Problem requirements
From the records below, transcribe exactly the lines that begin at the line with "pub expected_fcs : Receiver → Option ℕ" and end at the line with "then some (0xFF - over_header)", both included.
**** Material for this exercise
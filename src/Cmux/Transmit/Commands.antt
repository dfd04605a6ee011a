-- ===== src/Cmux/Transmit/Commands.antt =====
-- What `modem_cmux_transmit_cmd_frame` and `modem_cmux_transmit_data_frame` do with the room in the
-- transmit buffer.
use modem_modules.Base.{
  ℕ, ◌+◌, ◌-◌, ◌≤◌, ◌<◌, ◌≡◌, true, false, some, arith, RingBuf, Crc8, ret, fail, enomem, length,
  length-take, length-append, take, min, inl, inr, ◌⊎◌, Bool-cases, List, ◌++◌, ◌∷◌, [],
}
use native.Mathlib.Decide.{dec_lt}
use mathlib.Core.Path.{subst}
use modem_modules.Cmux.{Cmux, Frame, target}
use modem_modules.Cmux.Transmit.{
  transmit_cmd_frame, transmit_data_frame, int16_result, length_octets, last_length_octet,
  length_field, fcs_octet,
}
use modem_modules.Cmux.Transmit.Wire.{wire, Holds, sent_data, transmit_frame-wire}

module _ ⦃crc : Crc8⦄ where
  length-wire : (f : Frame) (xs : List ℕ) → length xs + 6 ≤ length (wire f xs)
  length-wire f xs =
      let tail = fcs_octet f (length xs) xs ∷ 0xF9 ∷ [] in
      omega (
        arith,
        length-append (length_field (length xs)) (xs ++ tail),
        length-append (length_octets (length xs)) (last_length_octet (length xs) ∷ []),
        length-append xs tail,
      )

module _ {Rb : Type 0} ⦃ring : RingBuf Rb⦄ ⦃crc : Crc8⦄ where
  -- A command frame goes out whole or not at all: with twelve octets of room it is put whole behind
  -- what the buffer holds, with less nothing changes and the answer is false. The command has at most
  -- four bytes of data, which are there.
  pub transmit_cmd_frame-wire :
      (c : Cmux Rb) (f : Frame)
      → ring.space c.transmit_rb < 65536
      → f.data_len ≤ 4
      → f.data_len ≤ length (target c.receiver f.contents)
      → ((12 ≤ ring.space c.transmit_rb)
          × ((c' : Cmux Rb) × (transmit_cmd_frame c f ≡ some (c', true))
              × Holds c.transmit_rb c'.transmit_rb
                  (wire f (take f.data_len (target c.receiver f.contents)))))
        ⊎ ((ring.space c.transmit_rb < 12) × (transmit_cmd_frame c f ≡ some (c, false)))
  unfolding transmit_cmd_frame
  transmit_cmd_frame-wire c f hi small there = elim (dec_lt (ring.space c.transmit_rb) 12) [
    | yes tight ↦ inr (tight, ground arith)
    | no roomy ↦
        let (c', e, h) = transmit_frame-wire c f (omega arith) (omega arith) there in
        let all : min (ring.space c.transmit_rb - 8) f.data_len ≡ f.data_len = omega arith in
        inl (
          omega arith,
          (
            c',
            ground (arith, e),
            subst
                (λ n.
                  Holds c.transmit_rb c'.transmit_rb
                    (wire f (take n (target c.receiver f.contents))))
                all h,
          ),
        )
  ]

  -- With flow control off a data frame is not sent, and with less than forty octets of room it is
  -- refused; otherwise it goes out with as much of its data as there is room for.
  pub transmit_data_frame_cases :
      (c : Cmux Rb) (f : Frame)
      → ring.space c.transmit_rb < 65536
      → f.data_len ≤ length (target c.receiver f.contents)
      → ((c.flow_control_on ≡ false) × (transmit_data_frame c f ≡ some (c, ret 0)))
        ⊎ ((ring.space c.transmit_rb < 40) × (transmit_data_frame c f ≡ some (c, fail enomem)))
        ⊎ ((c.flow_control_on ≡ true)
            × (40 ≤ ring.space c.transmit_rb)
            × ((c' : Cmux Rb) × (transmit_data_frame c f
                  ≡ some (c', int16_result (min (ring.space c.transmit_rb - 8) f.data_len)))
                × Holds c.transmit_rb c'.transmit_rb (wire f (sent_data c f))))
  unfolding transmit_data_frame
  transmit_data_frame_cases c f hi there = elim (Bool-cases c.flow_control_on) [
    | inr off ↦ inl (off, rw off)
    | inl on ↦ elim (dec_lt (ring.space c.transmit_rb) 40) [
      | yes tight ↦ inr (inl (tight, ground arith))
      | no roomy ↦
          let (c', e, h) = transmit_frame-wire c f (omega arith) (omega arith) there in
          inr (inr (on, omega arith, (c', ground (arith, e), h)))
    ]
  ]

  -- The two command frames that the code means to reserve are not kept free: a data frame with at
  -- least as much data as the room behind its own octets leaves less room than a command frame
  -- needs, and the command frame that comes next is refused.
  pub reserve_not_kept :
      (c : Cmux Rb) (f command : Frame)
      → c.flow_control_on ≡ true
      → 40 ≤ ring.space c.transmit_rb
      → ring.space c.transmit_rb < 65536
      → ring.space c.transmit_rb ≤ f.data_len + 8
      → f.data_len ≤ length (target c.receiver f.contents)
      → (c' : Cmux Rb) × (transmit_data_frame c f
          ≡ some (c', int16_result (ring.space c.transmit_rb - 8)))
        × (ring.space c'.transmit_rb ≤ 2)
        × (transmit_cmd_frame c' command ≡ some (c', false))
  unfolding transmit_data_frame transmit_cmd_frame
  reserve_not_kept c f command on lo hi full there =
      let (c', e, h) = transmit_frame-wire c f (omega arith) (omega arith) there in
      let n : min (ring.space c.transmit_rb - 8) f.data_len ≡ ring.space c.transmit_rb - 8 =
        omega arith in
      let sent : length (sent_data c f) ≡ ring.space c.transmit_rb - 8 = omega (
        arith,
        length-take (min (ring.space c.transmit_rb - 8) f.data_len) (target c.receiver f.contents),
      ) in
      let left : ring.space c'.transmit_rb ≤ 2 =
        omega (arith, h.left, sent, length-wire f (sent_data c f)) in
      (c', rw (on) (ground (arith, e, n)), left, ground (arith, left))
********
**** Material for this exercise
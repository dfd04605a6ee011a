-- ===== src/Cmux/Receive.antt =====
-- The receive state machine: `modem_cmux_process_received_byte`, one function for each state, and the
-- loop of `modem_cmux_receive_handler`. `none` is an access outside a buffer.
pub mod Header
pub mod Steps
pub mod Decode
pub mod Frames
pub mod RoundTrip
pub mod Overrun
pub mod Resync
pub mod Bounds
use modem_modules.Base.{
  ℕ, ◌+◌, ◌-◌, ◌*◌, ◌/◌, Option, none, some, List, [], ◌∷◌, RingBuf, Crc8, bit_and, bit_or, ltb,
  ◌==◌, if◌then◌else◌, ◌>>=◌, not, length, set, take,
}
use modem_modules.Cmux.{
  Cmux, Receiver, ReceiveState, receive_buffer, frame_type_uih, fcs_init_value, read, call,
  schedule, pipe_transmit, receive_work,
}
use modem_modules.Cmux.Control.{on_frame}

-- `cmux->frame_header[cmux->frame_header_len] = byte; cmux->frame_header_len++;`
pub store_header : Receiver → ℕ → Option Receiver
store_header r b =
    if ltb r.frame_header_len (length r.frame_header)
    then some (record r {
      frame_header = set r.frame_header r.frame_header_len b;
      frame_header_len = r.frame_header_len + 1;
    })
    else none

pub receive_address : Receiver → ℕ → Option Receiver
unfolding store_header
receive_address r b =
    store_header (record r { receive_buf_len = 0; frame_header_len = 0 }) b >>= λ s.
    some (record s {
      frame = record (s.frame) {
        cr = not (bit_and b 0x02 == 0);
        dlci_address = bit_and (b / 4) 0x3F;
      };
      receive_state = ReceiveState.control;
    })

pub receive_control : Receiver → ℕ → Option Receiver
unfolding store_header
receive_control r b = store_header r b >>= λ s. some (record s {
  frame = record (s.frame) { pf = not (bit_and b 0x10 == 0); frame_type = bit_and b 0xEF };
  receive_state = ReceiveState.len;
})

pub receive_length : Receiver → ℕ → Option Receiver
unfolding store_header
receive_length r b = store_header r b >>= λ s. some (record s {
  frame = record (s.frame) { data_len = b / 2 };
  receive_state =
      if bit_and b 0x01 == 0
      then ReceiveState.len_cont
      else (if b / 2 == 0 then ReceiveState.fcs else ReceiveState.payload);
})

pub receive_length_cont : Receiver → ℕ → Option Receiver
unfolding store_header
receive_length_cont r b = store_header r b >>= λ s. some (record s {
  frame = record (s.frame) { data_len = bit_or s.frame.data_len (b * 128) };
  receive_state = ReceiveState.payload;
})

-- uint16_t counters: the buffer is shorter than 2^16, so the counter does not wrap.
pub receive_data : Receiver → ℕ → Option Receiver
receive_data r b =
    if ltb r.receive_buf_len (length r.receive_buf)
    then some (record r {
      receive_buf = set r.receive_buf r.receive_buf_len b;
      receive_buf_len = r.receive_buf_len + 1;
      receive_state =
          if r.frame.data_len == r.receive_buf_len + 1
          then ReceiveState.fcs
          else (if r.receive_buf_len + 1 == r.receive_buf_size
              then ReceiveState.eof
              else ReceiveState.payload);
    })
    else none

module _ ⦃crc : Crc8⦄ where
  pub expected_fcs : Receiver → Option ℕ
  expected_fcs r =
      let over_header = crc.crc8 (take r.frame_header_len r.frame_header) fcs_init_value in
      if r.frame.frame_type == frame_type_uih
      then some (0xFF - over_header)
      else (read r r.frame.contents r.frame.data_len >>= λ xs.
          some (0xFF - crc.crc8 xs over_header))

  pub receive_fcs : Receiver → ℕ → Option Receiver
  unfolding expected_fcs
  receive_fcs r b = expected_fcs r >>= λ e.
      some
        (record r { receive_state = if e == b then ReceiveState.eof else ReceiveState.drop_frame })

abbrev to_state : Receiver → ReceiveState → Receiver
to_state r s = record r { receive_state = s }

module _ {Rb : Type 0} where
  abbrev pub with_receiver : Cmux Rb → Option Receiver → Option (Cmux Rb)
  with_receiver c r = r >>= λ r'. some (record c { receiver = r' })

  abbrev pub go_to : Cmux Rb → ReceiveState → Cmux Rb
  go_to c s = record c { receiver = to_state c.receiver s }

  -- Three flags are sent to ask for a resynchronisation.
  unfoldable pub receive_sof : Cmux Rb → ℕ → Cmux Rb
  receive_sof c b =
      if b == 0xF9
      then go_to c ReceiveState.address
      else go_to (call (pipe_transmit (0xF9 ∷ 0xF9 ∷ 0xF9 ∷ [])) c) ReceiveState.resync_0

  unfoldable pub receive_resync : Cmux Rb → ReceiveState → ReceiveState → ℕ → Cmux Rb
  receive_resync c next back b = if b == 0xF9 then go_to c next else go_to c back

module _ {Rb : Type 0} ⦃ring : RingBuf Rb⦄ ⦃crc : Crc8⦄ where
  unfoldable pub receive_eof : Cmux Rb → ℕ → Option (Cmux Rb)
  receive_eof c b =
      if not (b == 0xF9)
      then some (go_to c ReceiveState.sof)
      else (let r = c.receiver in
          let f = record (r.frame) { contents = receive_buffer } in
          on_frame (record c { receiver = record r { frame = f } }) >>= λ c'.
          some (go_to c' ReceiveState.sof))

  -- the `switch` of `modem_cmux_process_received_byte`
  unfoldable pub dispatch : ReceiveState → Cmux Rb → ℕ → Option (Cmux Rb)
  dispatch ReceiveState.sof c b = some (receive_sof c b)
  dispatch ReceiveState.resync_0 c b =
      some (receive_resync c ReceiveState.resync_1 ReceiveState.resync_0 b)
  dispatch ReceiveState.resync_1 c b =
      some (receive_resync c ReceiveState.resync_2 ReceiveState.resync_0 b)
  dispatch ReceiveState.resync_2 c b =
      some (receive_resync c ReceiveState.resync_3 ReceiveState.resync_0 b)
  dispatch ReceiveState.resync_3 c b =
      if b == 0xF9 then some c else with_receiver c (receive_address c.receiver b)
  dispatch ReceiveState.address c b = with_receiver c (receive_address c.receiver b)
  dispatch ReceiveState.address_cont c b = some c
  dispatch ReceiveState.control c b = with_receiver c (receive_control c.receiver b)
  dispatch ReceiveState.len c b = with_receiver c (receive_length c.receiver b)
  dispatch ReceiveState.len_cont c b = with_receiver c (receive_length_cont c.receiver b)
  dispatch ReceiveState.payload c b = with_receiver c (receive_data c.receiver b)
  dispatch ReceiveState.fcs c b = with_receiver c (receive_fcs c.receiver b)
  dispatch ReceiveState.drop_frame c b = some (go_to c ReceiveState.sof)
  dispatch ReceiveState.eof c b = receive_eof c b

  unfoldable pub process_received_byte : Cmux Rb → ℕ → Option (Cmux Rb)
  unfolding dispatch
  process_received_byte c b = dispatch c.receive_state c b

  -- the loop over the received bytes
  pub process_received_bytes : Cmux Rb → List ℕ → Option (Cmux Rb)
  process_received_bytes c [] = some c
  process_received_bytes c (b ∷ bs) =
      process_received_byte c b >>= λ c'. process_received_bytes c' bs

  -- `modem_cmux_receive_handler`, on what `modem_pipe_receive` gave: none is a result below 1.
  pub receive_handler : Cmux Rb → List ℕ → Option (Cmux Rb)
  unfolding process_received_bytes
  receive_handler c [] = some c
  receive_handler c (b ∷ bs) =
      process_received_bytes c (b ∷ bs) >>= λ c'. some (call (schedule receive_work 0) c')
********
**** Material for this exercise
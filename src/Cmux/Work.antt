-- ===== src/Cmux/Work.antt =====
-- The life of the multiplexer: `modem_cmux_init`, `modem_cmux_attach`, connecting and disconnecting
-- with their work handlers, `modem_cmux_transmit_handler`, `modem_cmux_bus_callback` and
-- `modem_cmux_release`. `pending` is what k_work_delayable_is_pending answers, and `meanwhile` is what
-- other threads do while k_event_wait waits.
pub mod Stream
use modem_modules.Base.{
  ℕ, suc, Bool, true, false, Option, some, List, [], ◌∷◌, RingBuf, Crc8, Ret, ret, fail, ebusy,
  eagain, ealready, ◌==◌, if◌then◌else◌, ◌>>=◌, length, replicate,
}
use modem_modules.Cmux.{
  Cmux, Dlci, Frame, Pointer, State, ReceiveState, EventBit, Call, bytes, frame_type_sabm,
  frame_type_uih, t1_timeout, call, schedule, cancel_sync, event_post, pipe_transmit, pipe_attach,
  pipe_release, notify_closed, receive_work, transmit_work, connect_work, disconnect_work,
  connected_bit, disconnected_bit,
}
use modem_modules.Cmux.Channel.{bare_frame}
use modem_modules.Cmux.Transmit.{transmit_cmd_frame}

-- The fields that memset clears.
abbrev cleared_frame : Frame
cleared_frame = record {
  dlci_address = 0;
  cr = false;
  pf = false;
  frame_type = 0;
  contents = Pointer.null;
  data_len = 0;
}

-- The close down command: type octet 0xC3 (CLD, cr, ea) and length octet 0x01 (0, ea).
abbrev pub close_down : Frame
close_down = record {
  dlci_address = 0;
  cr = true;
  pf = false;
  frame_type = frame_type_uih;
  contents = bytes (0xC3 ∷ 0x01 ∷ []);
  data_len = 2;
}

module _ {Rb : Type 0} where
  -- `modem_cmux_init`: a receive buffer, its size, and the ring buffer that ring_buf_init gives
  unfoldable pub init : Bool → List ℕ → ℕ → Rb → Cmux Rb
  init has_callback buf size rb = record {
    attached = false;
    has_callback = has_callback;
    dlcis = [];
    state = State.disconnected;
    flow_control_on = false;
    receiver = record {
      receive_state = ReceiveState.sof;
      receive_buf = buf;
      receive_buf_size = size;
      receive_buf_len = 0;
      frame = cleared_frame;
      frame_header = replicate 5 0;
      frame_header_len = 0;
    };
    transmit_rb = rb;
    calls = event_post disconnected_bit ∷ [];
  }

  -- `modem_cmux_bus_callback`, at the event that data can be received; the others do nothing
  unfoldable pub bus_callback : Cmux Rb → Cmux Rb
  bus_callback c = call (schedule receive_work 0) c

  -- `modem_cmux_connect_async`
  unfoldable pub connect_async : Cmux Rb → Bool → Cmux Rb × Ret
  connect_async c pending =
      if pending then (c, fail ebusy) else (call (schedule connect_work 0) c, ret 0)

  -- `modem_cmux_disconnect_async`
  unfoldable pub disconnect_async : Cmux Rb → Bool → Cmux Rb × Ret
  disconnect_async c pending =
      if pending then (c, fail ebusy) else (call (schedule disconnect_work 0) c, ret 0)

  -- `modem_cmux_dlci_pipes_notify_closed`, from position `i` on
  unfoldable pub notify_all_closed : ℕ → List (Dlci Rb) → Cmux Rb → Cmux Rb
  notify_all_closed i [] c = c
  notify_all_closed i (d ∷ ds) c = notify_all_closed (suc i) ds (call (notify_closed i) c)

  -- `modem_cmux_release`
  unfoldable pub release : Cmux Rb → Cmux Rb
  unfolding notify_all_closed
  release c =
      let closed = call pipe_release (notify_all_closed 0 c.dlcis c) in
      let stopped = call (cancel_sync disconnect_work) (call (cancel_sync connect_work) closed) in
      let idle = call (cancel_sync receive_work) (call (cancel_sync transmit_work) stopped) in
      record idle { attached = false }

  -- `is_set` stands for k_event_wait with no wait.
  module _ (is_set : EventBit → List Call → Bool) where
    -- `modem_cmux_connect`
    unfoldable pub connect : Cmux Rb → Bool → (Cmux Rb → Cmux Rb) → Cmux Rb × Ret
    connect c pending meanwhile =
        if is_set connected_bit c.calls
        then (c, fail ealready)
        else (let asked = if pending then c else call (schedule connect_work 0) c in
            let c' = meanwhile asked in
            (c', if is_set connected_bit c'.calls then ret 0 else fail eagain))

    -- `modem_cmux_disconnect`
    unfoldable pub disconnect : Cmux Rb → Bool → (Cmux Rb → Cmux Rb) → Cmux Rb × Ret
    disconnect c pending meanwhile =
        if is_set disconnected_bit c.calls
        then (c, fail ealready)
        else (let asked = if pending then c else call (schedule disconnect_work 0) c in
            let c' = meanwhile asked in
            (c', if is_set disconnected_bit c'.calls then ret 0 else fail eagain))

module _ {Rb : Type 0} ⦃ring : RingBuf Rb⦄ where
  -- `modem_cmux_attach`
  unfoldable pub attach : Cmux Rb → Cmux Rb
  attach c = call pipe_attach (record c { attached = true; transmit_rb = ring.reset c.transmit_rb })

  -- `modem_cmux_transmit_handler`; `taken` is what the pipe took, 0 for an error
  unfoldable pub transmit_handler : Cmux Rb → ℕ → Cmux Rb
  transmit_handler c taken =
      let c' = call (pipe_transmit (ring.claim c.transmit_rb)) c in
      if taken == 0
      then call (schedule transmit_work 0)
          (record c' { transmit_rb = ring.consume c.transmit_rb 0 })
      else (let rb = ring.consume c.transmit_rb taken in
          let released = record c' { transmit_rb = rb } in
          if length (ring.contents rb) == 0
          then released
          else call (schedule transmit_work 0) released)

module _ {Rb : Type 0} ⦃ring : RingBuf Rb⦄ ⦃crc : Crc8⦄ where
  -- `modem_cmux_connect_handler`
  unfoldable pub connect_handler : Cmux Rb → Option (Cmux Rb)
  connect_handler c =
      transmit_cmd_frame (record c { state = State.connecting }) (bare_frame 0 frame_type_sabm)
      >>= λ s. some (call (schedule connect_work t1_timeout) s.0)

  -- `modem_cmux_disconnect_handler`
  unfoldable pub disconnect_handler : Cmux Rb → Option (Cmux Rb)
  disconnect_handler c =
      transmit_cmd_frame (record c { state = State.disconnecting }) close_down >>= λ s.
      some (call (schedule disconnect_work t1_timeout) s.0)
********
Written response
  pub expected_fcs : Receiver → Option ℕ
  expected_fcs r =
      let over_header = crc.crc8 (take r.frame_header_len r.frame_header) fcs_init_value in
      if r.frame.frame_type == frame_type_uih
      then some (0xFF - over_header)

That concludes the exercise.